50 years of the Wild & Scenic Rivers Act reveals we’ve got work to do
1968’s groundbreaking legislation to protect rivers was a good start but falls short of what’s needed
Joe Whitworth is author of QUANTIFIED: Redefining Conservation for the Next Economy (Island Press), a patented inventor, and President of The Freshwater Trust. He lives in Portland, Oregon.
The free-flowing whitewater of the Rogue River will get your attention fast, and with my first rapid in 1998, I immediately knew why 90 miles had been protected by Congress. On October 2, 1968, in response to an era of frenzied dam development, Lyndon B. Johnson signed the Wild & Scenic Rivers Act to “preserve certain rivers with outstanding natural, cultural, and recreational values in a free-flowing condition for the enjoyment of present and future generations.” This effectively gave the force of law to these values as counterweight to the cost-benefit analyses that had invariably favored damming river systems for irrigation (in the West) or flood control (in the East). The Act signaled the end of an era, and hinted at the beginning of a new one.
A collection of movie stars, authors, and sports heroes who vacationed there helped put the Rogue among the first eight rivers designated under the Act. And today, the thousands who paddle, fish, sleep next to, and hike alongside this river every year tell the story of its beauty and significance still 50 years later — but only part of the story.
In 40 of our 50 states, nearly 13,000 miles across 203 rivers are deemed “Wild & Scenic” and thus protected from dams and certain development. But what these and the many adjacent miles are not immune from are problems that hinder water quality, such as upstream contamination, irrigation withdrawals, nutrient-heavy runoff and lost fish habitat.
Today, 173 of the 203 rivers that have “Wild & Scenic” sections also have sections designated as impaired under the Clean Water Act — unable to meet its fishable, swimmable, drinkable standard. A full one fourth of the actual wild & scenic miles are impaired.

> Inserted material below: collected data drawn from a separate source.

-- ===== src/Lib.antt =====
-- A model of the Python program of Mutsumi's SYNC, a chat bot with a durable memory. All paths below
-- are those of archive/v3/src/mutsumi_sync.
--
-- How the parts work together. Chat messages arrive over a WebSocket (message/receiver.py) and
-- reports of services over a loopback HTTP server (ingress.py). The ingress checks a request, stores
-- its event in the ledger (memory/store.py) and hands it to the scheduler (scheduler.py), which keeps
-- a queue and a worker for each service and runs the pipeline for one event after the other. The
-- pipeline asks a model and reads its answer in the format of output_protocol.py. What the bot
-- remembers is in the tables of the store. The prototype (prototype/) adds background jobs to them: a
-- conversation keeps one turn current, a task tool creates and changes jobs, a worker runs them one
-- after the other, and a reply tells their results.
--
-- Files, and what they model:
--   Common          Boolean tests, results, lists, texts as lists of code points, dictionaries as
--                   association lists in insertion order
--   Json            the JSON values of `json.loads`, and `dict.get`, truth and type tests on them
--   Envelope        output_protocol.py: parse_final_envelope, recover_final_envelope,
--                   extract_unambiguous_to_user, format_final_envelope; the regular expressions are
--                   written out as searches for the first closing marker
--   Archive         memory/archive.py: SlidingArchive.find_cutoff and pop_recyclable
--   Ledger          memory/store.py: the tables events and actors
--   Store           memory/store.py: messages and notes, summaries, inner journal, scheduled tasks,
--                   actions, canonical state, media. Table is a table with an AUTOINCREMENT key
--   Jobs            prototype/storage.py: the table prototype_jobs; Settling has how the runtime marks
--                   jobs as delivered
--   Message         message/receiver.py (the event record) and message/classifier.py
--   Ingress         ingress.py: Defs has the checks of a request, Process has _process_request and
--                   _retry_received
--   Scheduler       scheduler.py: Keys has the keys of conversations and the peers, Service has the
--                   service queues and their workers as a step relation, Users has the tasks of the
--                   users with debouncing, cancellation and shutdown, Schedules has the timers of
--                   scheduled tasks, Heartbeats has one heartbeat and one round of them
--   Pipeline        pipeline.py and memory/window.py: Markdown has the tests of visible text,
--                   Compaction the window and its compaction, Sanitizing what the action ledger keeps
--                   of arguments
--   Prototype       Protocol is prototype/protocol.py; the rest is prototype/runtime.py: Chat has one
--                   conversation as a step relation, Tasks the task tool and the publishing of a
--                   reply, Worker the worker of background jobs
--   Tools           tools/self_note.py and tools/priority_override.py, and the stamp of an entry from
--                   memory/timestamps.py
--   Tests           small inputs, and the theorems applied to them
--
-- How state and code correspond. A table is the list of its rows in the order of its integer key, an
-- operation takes the table and returns its result with the table after it, and an exception is an
-- error value. A statement and the commit behind it are one step: sqlite runs them for one
-- connection. Where the code awaits between a read and a write, the model has a parameter for what
-- other tasks do there (`others` in Ingress.Process, Scheduler.Heartbeats and Tools, `read` and
-- `pipeline` in Scheduler.Heartbeats, `run` in Scheduler.Schedules, `save` in Pipeline.Compaction,
-- `Outside` in Prototype.Worker), or separate steps of a step relation (Scheduler.Service,
-- Scheduler.Users, Prototype.Chat).
-- Times are natural numbers of one unit, and `now` and `fresh` are the clock and a new uuid4.
--
-- What is a parameter. `str` of a JSON value, `json.loads`, `urlparse`, pydantic's validation, uuid5
-- and SHA-256 are functions that the definitions take. Whatever holds, holds for every such function.
--
-- Bounds and fuel. All loops are structural recursion, on the text or on the list of rows, but for
-- the search for user blocks, whose fuel is the length of the text (every block takes more than one
-- character), and two loops of the worker: the one over a job recurs on `max_worker_steps`, as the
-- code does, and the wait before its report looks `waits` times for the conversation to be free and
-- is then `stuck`, which says that it would wait on. Sizes in Archive are exact natural numbers, where
-- the source adds floats.
--
-- Not modelled: sockets, HTTP clients, the model's API, images, the terminal interface, configuration
-- and logging, which are input and output; SQLite's full-text search; the Rust rewrite. Of the store,
-- episodes and the list of recent conversations are not modelled; of the scheduler, the restoring of
-- windows at startup and the status; of the pipeline, the loop of model calls and the building of its
-- context; of the prototype, its start, the context it shows to the model, and the command line; nor
-- are the projection of the context and the other tools of the pipeline.
pub mod Common
pub mod Envelope
pub mod Archive
pub mod Json
pub mod Ledger
pub mod Message
pub mod Store
pub mod Tools
pub mod Jobs
pub mod Scheduler
pub mod Ingress
pub mod Pipeline
pub mod Prototype
mod Tests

Like so much of our country’s environmental legislation, noble words are written on paper with no effective through-line to ensure results on the ground. Leading up to the 50th anniversary of the Act, many organizations have called for thousands more miles to be designated over the next half century. This misses the point, because as the last five decades have shown, calling more miles “Wild and Scenic” does not automatically give us healthier river systems.
Having put it to work for the economy without much regard for the downstream effects, the Rogue suffers from excessive water temperatures, sediments and nutrients. Unlike a giant concrete dam stretching bank to bank, the less visible issues go unaddressed. And while the Act stops select “bad” things from happening to rivers, simply holding the line won’t truly preserve these systems — much less improve function, restore native vegetation, prevent erosion, or restore habitat.
There is no product on Earth made by any human that does not require water. There is no human that does not require water. Truly, the health of our waters will determine the prosperity of our lives. And we have grown stagnant. We need prioritized, priced, actionable, and dynamic restoration programs to make these miles great again — achieving health now and resilience for the long-term at a reasonable cost. Leveraging remote sensing, data, and local workforce to fix rivers on the ground, we in Oregon are redefining how the economy and the environment combine to make tangible gains and this can now scale across watersheds nationwide. There have always been those who scream we must choose between natural resource health and a growing economy; between doing right by our environment and putting people to work. In this era of smart technologies, smart policies and smart investments, this is a false choice. Let’s get past the prologue and get on with solving big problems.
Like so many things in 1968, the Wild & Scenic Rivers Act changed the course of our history and of conservation. It was a good start and protected sections of our country’s greatest rivers from events that would have changed them forever. We should celebrate that, while also acknowledging that words on paper alone do not get it done. Let’s resolve to make these waters “Wild, Scenic, and Functional”, and then truly act on those words.